His girlfriend. The woman he’d started fucking the very night after he walked out on me.
It took effort, yet I resisted the urge to show any emotion. Mostly looking like I wanted to puke. How naïve I’d been to think hot sex in a private room and a few dinners meant we actually had a relationship.
It’d do me well to remember the fiasco with Connor if I saw John again.
“I was hoping I’d see you. I’d like to talk to you about something.”
“No. Now leave me alone.”
“Now, Lizzie—”
“Welcome everyone.” A cheerful, feminine voice rang through the microphone, blissfully cutting off Connor’s impudent retort. Like I care what he had to say. If I could have jumped the stage and hugged my current savior, I would have.
“We are here today to announce the upcoming opening of the almost fully completed Family and Siblings Event Room located on the fifth floor of our hospital. It is my honor today to introduce to you the Chief Development Officer and a man he’s worked very closely with to ensure this project has been completed successfully. If you would, please do me the honor of welcoming Miles McGregor and Gage Bryant.”
As the woman spoke, she turned and lifted her arm toward the side. Out walked Mr. McGregor, quickly followed by Gage Bryant. Both men smiled widely and waved one of their hands in the air.
A half-dozen men and women flanked them. I gaped at them as they sauntered to the center of the stage. I couldn’t look away.
Gage Bryant’s gaze scanned the crowd of reporters and then landed on me. And that tickle of awareness I felt earlier intensified to a full-blown spark, rushing down my spine.
His eyes narrowed on me and until he was standing to McGregor’s left behind the podium, he didn’t once look away.
Oh My God. He was sexier in person. Several inches taller and so much larger than any person on the stage. His height advantage coupled with the raised stage gave him the appearance of a giant.
The sexiest, most beautiful giant I could have ever conjured in all my youthful years when I used to dream of
fairy tales and heroes.
Good freaking Lord. My lips parted as that warmth in my spine spread. My fingertips heated until I barely remembered I had to take notes.
And next to me, Connor leaned in closer, whispered in my ear. “He’s not all that, but it looks like you like it. Have a crush on the superstar, Lizzie?”

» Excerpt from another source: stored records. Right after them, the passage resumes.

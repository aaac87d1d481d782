-- ===== src/Calendar/Event/Patterns.antt =====
-- calendar/event_parse.go: the regular expressions of an event, and their groups.
-- The separators of a pattern stand in none of its units, so a regular expression here has one match
-- at most: the text is split at its separators.
use resticprofile.Base.{
  ℕ, Bool, true, false, ◌&&◌, ◌||◌, List, [], ◌∷◌, ◌++◌, Option, none, some, leb, ◌==◌,
  if◌then◌else◌, Text, codes,
}
use resticprofile.Text.{split, is_digit}

-- [0-9*.,] and [a-zA-Z0-9*.,]
is_unit_byte : ℕ → Bool
is_unit_byte c = is_digit c || c == b'*' || c == b'.' || c == b','

is_weekday_byte : ℕ → Bool
unfolding is_unit_byte
is_weekday_byte c = is_unit_byte c || (leb b'a' c && leb c b'z') || (leb b'A' c && leb c b'Z')

all_bytes : (ℕ → Bool) → Text → Bool
all_bytes p [] = true
all_bytes p (c ∷ s) = p c && all_bytes p s

-- One byte of the class or more.
is_run : (ℕ → Bool) → Text → Bool
unfolding all_bytes
is_run p [] = false
is_run p (c ∷ s) = all_bytes p (c ∷ s)

abbrev is_unit : Text → Bool
is_unit = is_run is_unit_byte

-- The groups of a match.
abbrev pub Groups : Type 0
Groups = Option (List Text)

unfoldable pub match_weekday : Text → Groups
unfolding is_run is_weekday_byte
match_weekday s = if is_run is_weekday_byte s then some (s ∷ []) else none

-- "(unit-|)(unit)-(unit)": the first group keeps its dash.
date_groups : List Text → Groups
unfolding is_run is_unit_byte
date_groups (m ∷ d ∷ []) = if is_unit m && is_unit d then some ([] ∷ m ∷ d ∷ []) else none
date_groups (y ∷ m ∷ d ∷ []) =
    if is_unit y && is_unit m && is_unit d then some ((y ++ codes "-") ∷ m ∷ d ∷ []) else none
date_groups _ = none

unfoldable pub match_date : Text → Groups
unfolding date_groups
match_date s = date_groups (split b'-' s)

-- "(unit):(unit)(:unit|)": the last group keeps its colon.
time_groups : List Text → Groups
unfolding is_run is_unit_byte
time_groups (h ∷ m ∷ []) = if is_unit h && is_unit m then some (h ∷ m ∷ [] ∷ []) else none
time_groups (h ∷ m ∷ s ∷ []) =
    if is_unit h && is_unit m && is_unit s then some (h ∷ m ∷ (codes ":" ++ s) ∷ []) else none
time_groups _ = none

unfoldable pub match_time : Text → Groups
unfolding time_groups
match_time s = time_groups (split b':' s)

append_groups : Groups → Groups → Groups
append_groups (some xs) (some ys) = some (xs ++ ys)
append_groups _ _ = none

-- Two patterns with a blank between them.
two_groups : (Text → Groups) → (Text → Groups) → List Text → Groups
unfolding append_groups
two_groups f g (a ∷ b ∷ []) = append_groups (f a) (g b)
two_groups f g _ = none

three_groups : (Text → Groups) → (Text → Groups) → (Text → Groups) → List Text → Groups
unfolding append_groups
three_groups f g h (a ∷ b ∷ c ∷ []) = append_groups (f a) (append_groups (g b) (h c))
three_groups f g h _ = none

unfoldable pub match_two : (Text → Groups) → (Text → Groups) → Text → Groups
unfolding two_groups
match_two f g s = two_groups f g (split b' ' s)

unfoldable pub match_three : (Text → Groups) → (Text → Groups) → (Text → Groups) → Text → Groups
unfolding three_groups
match_three f g h s = three_groups f g h (split b' ' s)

I turned to him and hissed. “Stop calling me that.” If I could have shot flaming darts from my eyes, Connor’s black soul would be my target. “And permanently, stop talking to me. Whatever you want from me, you’ll never get.”
I should have turned away sooner, but I didn’t. Instead, I caught the gleam in Connor’s eyes. As if my disgust of him was a turn-on. God. Just my luck I had to sit next to my ex-boyfriend. Next time, I was switching seats. Screw protocol and manners.
I faced the stage, returning to finally catch Mr. McGregor had already started speaking. I mentally scribbled down another reason to despise Connor and paid attention to the reason why I was here. But even as I tried to focus on the speaker as he spoke about the hospital, the donations and the fundraising involved to get this project off the ground, it was the man at his side who continued to snag my attention.
Good Lord. Men like him shouldn’t be allowed in public. I took him in discreetly, drawn to the silver tie knotted tightly beneath the collar of his black dress shirt. It sat there, snug and perfectly done at the base of his throat. His cheeks were clean shaven, his jaw square. It was impossible not to stare at him.
He was just so damn pretty.
My tongue slid out, licking my lips, and my eyes caught on his. He was looking directly at me, eyes like coal. Thick lashes. Even thicker brows pulled into two straight slashes at his forehead. One long line furrowed across.
His jaw ticked and he turned toward Mr. McGregor. I focused my attention on him as well, questions pummeling my mind. What in the hell had I done to make him look so angry? Did he not even want to be here? And why? Because the man on stage, glowering at me looked like he wanted to throttle me.